(PROBLEM DESCRIPTION): Return the entries below exactly as written.

(SOURCE DATA):
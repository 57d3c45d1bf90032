-- ===== src/Execution/Sends/Submit.antt =====
-- src/execution/coordinator.ts: a submission and a batch keep every send sound.
use multi_venue_grid_engine.Base.{not, any, Option, some, none, List, [], ◌∷◌, Text, text_eq}
use multi_venue_grid_engine.Execution.Intents.{RegistryError, OrderIntent}
use multi_venue_grid_engine.Execution.RegistryState.{RegistryState}
use multi_venue_grid_engine.Execution.CoordinatorState.{Coordinator, is_risk_increasing, is_empty}
use multi_venue_grid_engine.Execution.Steps.{Deps}
use multi_venue_grid_engine.Execution.Steps.Rules.{Keeps, chain, by_if, by_option}
use multi_venue_grid_engine.Execution.Ports.{ExposureInputs}
use multi_venue_grid_engine.Execution.Admission.{
  gate_inputs, exposure_problem, admission_problem, budget_allows,
}
use multi_venue_grid_engine.Execution.Submission.{
  BatchProblem, submit_new, send_new, send_batch, submit_checked, submit_exclusive, send_all,
  after_send, submit_batch_checked, submit_batch_exclusive,
}
use multi_venue_grid_engine.Execution.Sends.{IsGood}
use multi_venue_grid_engine.Execution.Sends.Rules.{awaits, returns-On, reads-On, computes-On}
use multi_venue_grid_engine.Execution.Sends.Place.{send_place-Sound}

module _ {W : Type 0} (D : Deps W) (s0 : RegistryState) where
  gate_inputs-Good :
      (c : Coordinator) (is : List OrderIntent) (inputs : Option ExposureInputs)
      → Keeps (IsGood D s0) (gate_inputs D c is inputs)
  unfolding gate_inputs
  gate_inputs-Good c is none = returns-On D s0 _
  gate_inputs-Good c is (some inputs) = chain (computes-On D s0 _) λ d. returns-On D s0 _

  exposure-Good : (is : List OrderIntent) → Keeps (IsGood D s0) (exposure_problem D is)
  unfolding exposure_problem
  exposure-Good is =
      by_if (not (any is_risk_increasing is)) (returns-On D s0 _)
        (chain (awaits D s0 _) λ inputs. chain (reads-On D s0 _) λ c. gate_inputs-Good c is inputs)

  submit_new-Good : (i : OrderIntent) → Keeps (IsGood D s0) (submit_new D i)
  unfolding submit_new send_new
  submit_new-Good i = chain (reads-On D s0 _) λ c.
      by_option (admission_problem D.config c i)
        (by_if (not (budget_allows D.config c 1)) (returns-On D s0 _) (
          chain (exposure-Good (i ∷ [])) λ denied.
            by_option denied
              (chain (send_place-Sound D s0 i)
                λ codes. chain (reads-On D s0 _) λ r. returns-On D s0 _)
              λ d. returns-On D s0 _))
        λ code. returns-On D s0 _

  submit_checked-Good :
      (i : OrderIntent) (problem : Option RegistryError)
      → Keeps (IsGood D s0) (submit_checked D i problem)
  unfolding submit_checked
  submit_checked-Good i (some problem) = returns-On D s0 _
  submit_checked-Good i none =
      chain (reads-On D s0 _)
        λ existing. by_option existing (submit_new-Good i) λ r. returns-On D s0 _

  pub submit-Good : (i : OrderIntent) → Keeps (IsGood D s0) (submit_exclusive D i)
  unfolding submit_exclusive
  submit-Good i = chain (reads-On D s0 _) λ latched.
      by_if latched (returns-On D s0 _)
        (chain (computes-On D s0 _) λ problem. submit_checked-Good i problem)

  send_all-Good :
      (stopped : Option Text) (is : List OrderIntent) → Keeps (IsGood D s0) (send_all D stopped is)
  unfolding send_all
  send_all-Good stopped [] = returns-On D s0 _
  send_all-Good stopped (i ∷ is) = chain (reads-On D s0 _) λ reason.
      by_option reason
        (chain (send_place-Sound D s0 i) λ codes.
          chain (reads-On D s0 _)
            λ status. chain (send_all-Good (after_send D status) is) λ rest. returns-On D s0 _)
        λ code. chain (send_all-Good (some code) is) λ rest. returns-On D s0 _

  batch_checked-Good :
      (is : List OrderIntent) (problem : Option BatchProblem)
      → Keeps (IsGood D s0) (submit_batch_checked D is problem)
  unfolding submit_batch_checked send_batch
  batch_checked-Good is (some problem) = returns-On D s0 _
  batch_checked-Good is none = chain (reads-On D s0 _) λ allowed.
      by_if (not allowed) (returns-On D s0 _) (
        chain (exposure-Good is) λ denied.
          by_option denied (chain (send_all-Good none is) λ sent. returns-On D s0 _)
            λ d. returns-On D s0 _)

  pub submit_batch-Good :
      (is : List OrderIntent) → Keeps (IsGood D s0) (submit_batch_exclusive D is)
  unfolding submit_batch_exclusive
  submit_batch-Good is = chain (reads-On D s0 _) λ c. by_if c.journal_failed (returns-On D s0 _) (
      by_if (is_empty is) (returns-On D s0 _)
        (chain (computes-On D s0 _) λ problem. batch_checked-Good is problem))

(TASK ANSWER):
repository 57d3c45d1bf90032
-- ===== src/Execution/Sends/Submit.antt =====
-- src/execution/coordinator.ts: a submission and a batch keep every send sound.
use multi_venue_grid_engine.Base.{not, any, Option, some, none, List, [], ◌∷◌, Text, text_eq}
use multi_venue_grid_engine.Execution.Intents.{RegistryError, OrderIntent}
use multi_venue_grid_engine.Execution.RegistryState.{RegistryState}
use multi_venue_grid_engine.Execution.CoordinatorState.{Coordinator, is_risk_increasing, is_empty}
use multi_venue_grid_engine.Execution.Steps.{Deps}
use multi_venue_grid_engine.Execution.Steps.Rules.{Keeps, chain, by_if, by_option}
use multi_venue_grid_engine.Execution.Ports.{ExposureInputs}
use multi_venue_grid_engine.Execution.Admission.{
  gate_inputs, exposure_problem, admission_problem, budget_allows,
}
use multi_venue_grid_engine.Execution.Submission.{
  BatchProblem, submit_new, send_new, send_batch, submit_checked, submit_exclusive, send_all,
  after_send, submit_batch_checked, submit_batch_exclusive,
}
use multi_venue_grid_engine.Execution.Sends.{IsGood}
use multi_venue_grid_engine.Execution.Sends.Rules.{awaits, returns-On, reads-On, computes-On}
use multi_venue_grid_engine.Execution.Sends.Place.{send_place-Sound}

module _ {W : Type 0} (D : Deps W) (s0 : RegistryState) where
  gate_inputs-Good :
      (c : Coordinator) (is : List OrderIntent) (inputs : Option ExposureInputs)
      → Keeps (IsGood D s0) (gate_inputs D c is inputs)
  unfolding gate_inputs
  gate_inputs-Good c is none = returns-On D s0 _
  gate_inputs-Good c is (some inputs) = chain (computes-On D s0 _) λ d. returns-On D s0 _

  exposure-Good : (is : List OrderIntent) → Keeps (IsGood D s0) (exposure_problem D is)
  unfolding exposure_problem
  exposure-Good is =
      by_if (not (any is_risk_increasing is)) (returns-On D s0 _)
        (chain (awaits D s0 _) λ inputs. chain (reads-On D s0 _) λ c. gate_inputs-Good c is inputs)

  submit_new-Good : (i : OrderIntent) → Keeps (IsGood D s0) (submit_new D i)
  unfolding submit_new send_new
  submit_new-Good i = chain (reads-On D s0 _) λ c.
      by_option (admission_problem D.config c i)
        (by_if (not (budget_allows D.config c 1)) (returns-On D s0 _) (
          chain (exposure-Good (i ∷ [])) λ denied.
            by_option denied
              (chain (send_place-Sound D s0 i)
                λ codes. chain (reads-On D s0 _) λ r. returns-On D s0 _)
              λ d. returns-On D s0 _))
        λ code. returns-On D s0 _

  submit_checked-Good :
      (i : OrderIntent) (problem : Option RegistryError)
      → Keeps (IsGood D s0) (submit_checked D i problem)
  unfolding submit_checked
  submit_checked-Good i (some problem) = returns-On D s0 _
  submit_checked-Good i none =
      chain (reads-On D s0 _)
        λ existing. by_option existing (submit_new-Good i) λ r. returns-On D s0 _

  pub submit-Good : (i : OrderIntent) → Keeps (IsGood D s0) (submit_exclusive D i)
  unfolding submit_exclusive
  submit-Good i = chain (reads-On D s0 _) λ latched.
      by_if latched (returns-On D s0 _)
        (chain (computes-On D s0 _) λ problem. submit_checked-Good i problem)

  send_all-Good :
      (stopped : Option Text) (is : List OrderIntent) → Keeps (IsGood D s0) (send_all D stopped is)
  unfolding send_all
  send_all-Good stopped [] = returns-On D s0 _
  send_all-Good stopped (i ∷ is) = chain (reads-On D s0 _) λ reason.
      by_option reason
        (chain (send_place-Sound D s0 i) λ codes.
          chain (reads-On D s0 _)
            λ status. chain (send_all-Good (after_send D status) is) λ rest. returns-On D s0 _)
        λ code. chain (send_all-Good (some code) is) λ rest. returns-On D s0 _

  batch_checked-Good :
      (is : List OrderIntent) (problem : Option BatchProblem)
      → Keeps (IsGood D s0) (submit_batch_checked D is problem)
  unfolding submit_batch_checked send_batch
  batch_checked-Good is (some problem) = returns-On D s0 _
  batch_checked-Good is none = chain (reads-On D s0 _) λ allowed.
      by_if (not allowed) (returns-On D s0 _) (
        chain (exposure-Good is) λ denied.
          by_option denied (chain (send_all-Good none is) λ sent. returns-On D s0 _)
            λ d. returns-On D s0 _)

  pub submit_batch-Good :
      (is : List OrderIntent) → Keeps (IsGood D s0) (submit_batch_exclusive D is)
  unfolding submit_batch_exclusive
  submit_batch-Good is = chain (reads-On D s0 _) λ c. by_if c.journal_failed (returns-On D s0 _) (
      by_if (is_empty is) (returns-On D s0 _)
        (chain (computes-On D s0 _) λ problem. batch_checked-Good is problem))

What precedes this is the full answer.